School board approves calendar for 2020-2021 year

The Brown County school board has approved a calendar for next school year that’s similar to the one for this year.

Students will return to school on Aug. 5, 2020, with teachers getting back into the classrooms on Aug. 3.

Fall break is scheduled for Oct. 5 to 9. Thanksgiving break will be Nov. 25 to 27, 2020.

A teacher work day is scheduled for Dec. 18, 2020, with no school for students. Winter break will be Dec. 21 to Jan. 4.

Dr. Martin Luther King Jr. Day on Jan. 18, 2021, will be a snow make-up day, along with President’s Day on Feb. 15.

Students will be on spring break from March 15 to 19.

The last day of school for the 2020-21 year will be May 20, 2021, unless snow days need to be made up.

One change parents, students and staff may notice is not as many snow make-up days tacked onto the end of the year. For next school year, only five make-up days are included in the calendar beginning with a teacher work day/snow make-up day on May 21. There are nine snow make-up days included in this year’s calendar.

Superintendent Laura Hammack said fewer make-up days are needed because of the plan to use eLearning days in the case of bad weather, unless those days are back-to-back. For example, if school is closed on Monday due to weather, that day will be an eLearning day.
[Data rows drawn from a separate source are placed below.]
-- ===== src/Dhcp/Lease.antt =====
-- The routes that a response gives to a lease.
use teleskop.Common.{
  ℕ, ◌≡◌, ◌≢◌, refl, sym, ap, ◌∙◌, Bool, true, false, Option, none, some, List, [], ◌∷◌, ◌++◌,
  arith, All, length, take, eq_bytes, if◌then◌else◌, append-nil, append_assoc,
}
use teleskop.Dhcp.Packet.{
  Options, put_option, append_option, slice, Packet, Constants, Interface, DhcpLease,
}
use teleskop.Dhcp.Response.{
  not_nil, four, with_dns, with_metadata, with_gateway, first_options, last_v4, make_response,
  pointer,
}
use teleskop.Dhcp.Routes.{Route, IsRoute, routes_bytes, read_routes, read_routes-routes_bytes}
use teleskop.Go.Error.{Error, ok, or_else, plain, wrapped, ◌>>=◌}
use teleskop.Go.Net.{Net}
use teleskop.Go.Net.To4.{to4}
use teleskop.Go.Outcome.{bind-ok, ok_inj}

-- The route of a lease to the metadata address, and its default route: by the text's being empty and
-- by the address that it parses to.
abbrev pub metadata_of : Bool → Option (List ℕ) → List Route
metadata_of false (some addr) =
    record {
      width = 32;
      destination = 169 ∷ 254 ∷ 169 ∷ 254 ∷ [];
      router = take 4 (slice (to4 addr));
    }
    ∷ []
metadata_of _ _ = []

abbrev pub default_of : Bool → Option (List ℕ) → List Route
default_of false (some addr) =
    record { width = 0; destination = []; router = take 4 (slice (to4 addr)) } ∷ []
default_of _ _ = []

abbrev pub lease_routes : Net → DhcpLease → List Route
lease_routes net lease =
    metadata_of (eq_bytes lease.metadata_server []) (net.parse_ip lease.metadata_server)
    ++ default_of (eq_bytes lease.gateway []) (net.parse_ip lease.gateway)

four-ok : (ip bs : List ℕ) → four ip ≡ ok bs → (bs ≡ take 4 ip) × (length bs ≡ 4)
unfolding four
four-ok (a ∷ b ∷ c ∷ d ∷ ip) bs h = rw (sym (ok_inj _ bs h)) (refl, refl)
four-ok [] bs h = cc
four-ok (a ∷ []) bs h = cc
four-ok (a ∷ b ∷ []) bs h = cc
four-ok (a ∷ b ∷ c ∷ []) bs h = cc

-- What option 121 holds, with routes that are well formed.
record Holds (options : Options) (routes : List Route) : Type 0 where
  pub bytes : options 121 ≡ some (routes_bytes routes)
  pub valid : All IsRoute routes

append-121 :
    (bs old : List ℕ) (options : Options)
    → options 121 ≡ some old
    → append_option 121 bs options 121 ≡ some (old ++ bs)
unfolding append_option put_option
append-121 bs old options h = rw h refl

metadata_step :
    (empty : Bool) (found : Option (List ℕ)) (e : Error) (options result : Options)
    → options 121 ≡ some []
    → (if empty
        then ok options
        else not_nil e found >>= λ addr. four (slice (to4 addr)) >>= λ md.
            ok (append_option 121 (32 ∷ 169 ∷ 254 ∷ 169 ∷ 254 ∷ md) options))
      ≡ ok result
    → Holds result (metadata_of empty found)
unfolding not_nil
metadata_step true found e options result old h = record {
  bytes = rw (sym (ok_inj options result h)) old;
  valid = tt;
}
metadata_step false none e options result old h = cc
metadata_step false (some addr) e options result old h =
    let (md, e_md, h') = bind-ok (four (slice (to4 addr))) _ result h in
    let (same, size) = four-ok (slice (to4 addr)) md e_md in
    record {
      bytes =
          rw (sym (ok_inj _ result h'), sym same, append-nil md)
            (append-121 (32 ∷ 169 ∷ 254 ∷ 169 ∷ 254 ∷ md) [] options old);
      valid = (
        record { narrow = omega arith; destination_size = refl; router_size = rw (sym same) size },
        tt,
      );
    }

routes_bytes-append :
    (rs qs : List Route) → routes_bytes (rs ++ qs) ≡ routes_bytes rs ++ routes_bytes qs
routes_bytes-append [] qs = refl
routes_bytes-append (r ∷ rs) qs =
    rw
      (
        routes_bytes-append rs qs,
        append_assoc r.destination (r.router ++ routes_bytes rs) (routes_bytes qs),
        append_assoc r.router (routes_bytes rs) (routes_bytes qs),
      )
      refl

All-append : (rs qs : List Route) → All IsRoute rs → All IsRoute qs → All IsRoute (rs ++ qs)
All-append [] qs hr hq = hq
All-append (r ∷ rs) qs (h, hr) hq = (h, All-append rs qs hr hq)

put-121 :
    (code : ℕ) (bs : List ℕ) (options : Options)
    → code ≢ 121
    → put_option code bs options 121 ≡ options 121
unfolding put_option
put-121 code bs options other = ground arith

gateway_step :
    (empty : Bool) (found : Option (List ℕ)) (e : Error) (code : ℕ) (options result : Options)
    (routes : List Route)
    → code ≢ 121
    → Holds options routes
    → (if empty
        then ok options
        else not_nil e found >>= λ addr. four (slice (to4 addr)) >>= λ gw.
            ok (append_option 121 (0 ∷ gw) (put_option code (slice (to4 addr)) options)))
      ≡ ok result
    → Holds result (routes ++ default_of empty found)
unfolding not_nil
gateway_step true found e code options result routes other old h =
    rw (sym (ok_inj options result h), append-nil routes) old
gateway_step false none e code options result routes other old h = cc
gateway_step false (some addr) e code options result routes other old h =
    let (gw, e_gw, h') = bind-ok (four (slice (to4 addr))) _ result h in
    let (same, size) = four-ok (slice (to4 addr)) gw e_gw in
    let route : Route = record { width = 0; destination = []; router = gw } in
    let is_route : IsRoute route = record {
      narrow = omega arith;
      destination_size = refl;
      router_size = size;
    } in
    rw (sym (ok_inj _ result h'), sym same)
      (record {
        bytes =
            append-121 (0 ∷ gw) (routes_bytes routes) (put_option code (slice (to4 addr)) options)
              (put-121 code (slice (to4 addr)) options other ∙ old.bytes)
            ∙ sym (
                ap some (
                  routes_bytes-append routes (route ∷ [])
                  ∙ ap (λ t. routes_bytes routes ++ 0 ∷ t) (append-nil gw)));
        valid = All-append routes (route ∷ []) old.valid (is_route, tt);
      })

module _ (net : Net) (constants : Constants) (intf : Interface) (req : Packet)
    (lease : DhcpLease) where
  options_lem :
      (options with_route result : Options)
      → constants.opt_routers ≢ 121
      → with_metadata net lease (put_option 121 [] options) ≡ ok with_route
      → with_gateway net constants lease with_route ≡ ok result
      → Holds result (lease_routes net lease)
  unfolding with_metadata with_gateway
  options_lem options with_route result other h1 h2 =
      gateway_step (eq_bytes lease.gateway []) (net.parse_ip lease.gateway) _ constants.opt_routers
        with_route result _ other
        (metadata_step (eq_bytes lease.metadata_server []) (net.parse_ip lease.metadata_server) _
          (put_option 121 [] options) with_route (unfold put_option in refl) h1)
        h2

  -- A client that reads option 121 of a response as RFC 3442 says gets the routes of the lease: to
  -- 169.254.169.254 by the metadata server, and the default route by the gateway, each where the lease
  -- names one; the code of the routers option is not 121.
  pub make_response_routes :
      (resp : Packet)
      → constants.opt_routers ≢ 121
      → make_response net constants intf req (some lease) ≡ ok resp
      → (bytes : List ℕ) × (resp.options 121 ≡ some bytes)
        × (read_routes bytes ≡ some (lease_routes net lease))
  unfolding make_response pointer
  make_response_routes resp other h =
      let (addrs, e1, h1) =
        bind-ok (or_else intf.addrs (wrapped "failed to get interface address: %w")) _ resp h in
      let (s_addr, e2, h2) =
        bind-ok (not_nil (plain "failed to parse interface address: %w") (last_v4 net none addrs)) _
          resp h1 in
      let (your_addr, e3, h3) =
        bind-ok (not_nil (plain "failed to parse IP: %w") (net.parse_ip lease.ip)) _ resp h2 in
      let (cidr, e4, h4) =
        bind-ok (or_else (net.parse_cidr lease.network) (wrapped "failed to parse network: %w")) _
          resp h3 in
      let (with_name, e5, h5) =
        bind-ok (with_dns net constants lease (first_options constants cidr.2 (slice (to4 s_addr))))
          _ resp h4 in
      let (with_route, e6, h6) =
        bind-ok (with_metadata net lease (put_option 121 [] with_name)) _ resp h5 in
      let (options, e7, h7) = bind-ok (with_gateway net constants lease with_route) _ resp h6 in
      let holds = options_lem with_name with_route options other e6 e7 in
      (
        routes_bytes (lease_routes net lease),
        ap (λ (p : Packet). p.options 121) (sym (ok_inj _ resp h7)) ∙ holds.bytes,
        read_routes-routes_bytes (lease_routes net lease) holds.valid,
      )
But if school is closed that Tuesday, Wednesday and Thursday as well, those days will not be eLearning days; they will be regular snow make-up days that will be tacked onto the calendar.

An eLearning plan for the 2020-2021 school year has not yet been approved.

Brown County High School’s commencement for the Class of 2021 will happen the evening of Friday, May 28.

The hope is that having graduation a week after the last day of school and at the start of the Memorial Day holiday weekend will allow more educators to attend.

“You guys know we’re really going to try and push to get all of our educators to attend graduation, kindergarten through Grade 12, and we think that we lose a lot of people to vacation and summer happenings after two weeks, so we’re really trying to capture folks while they are still here to be a part of that process,” Hammack said.

“We’re really pleased with it (the calendar). It came together quite well.”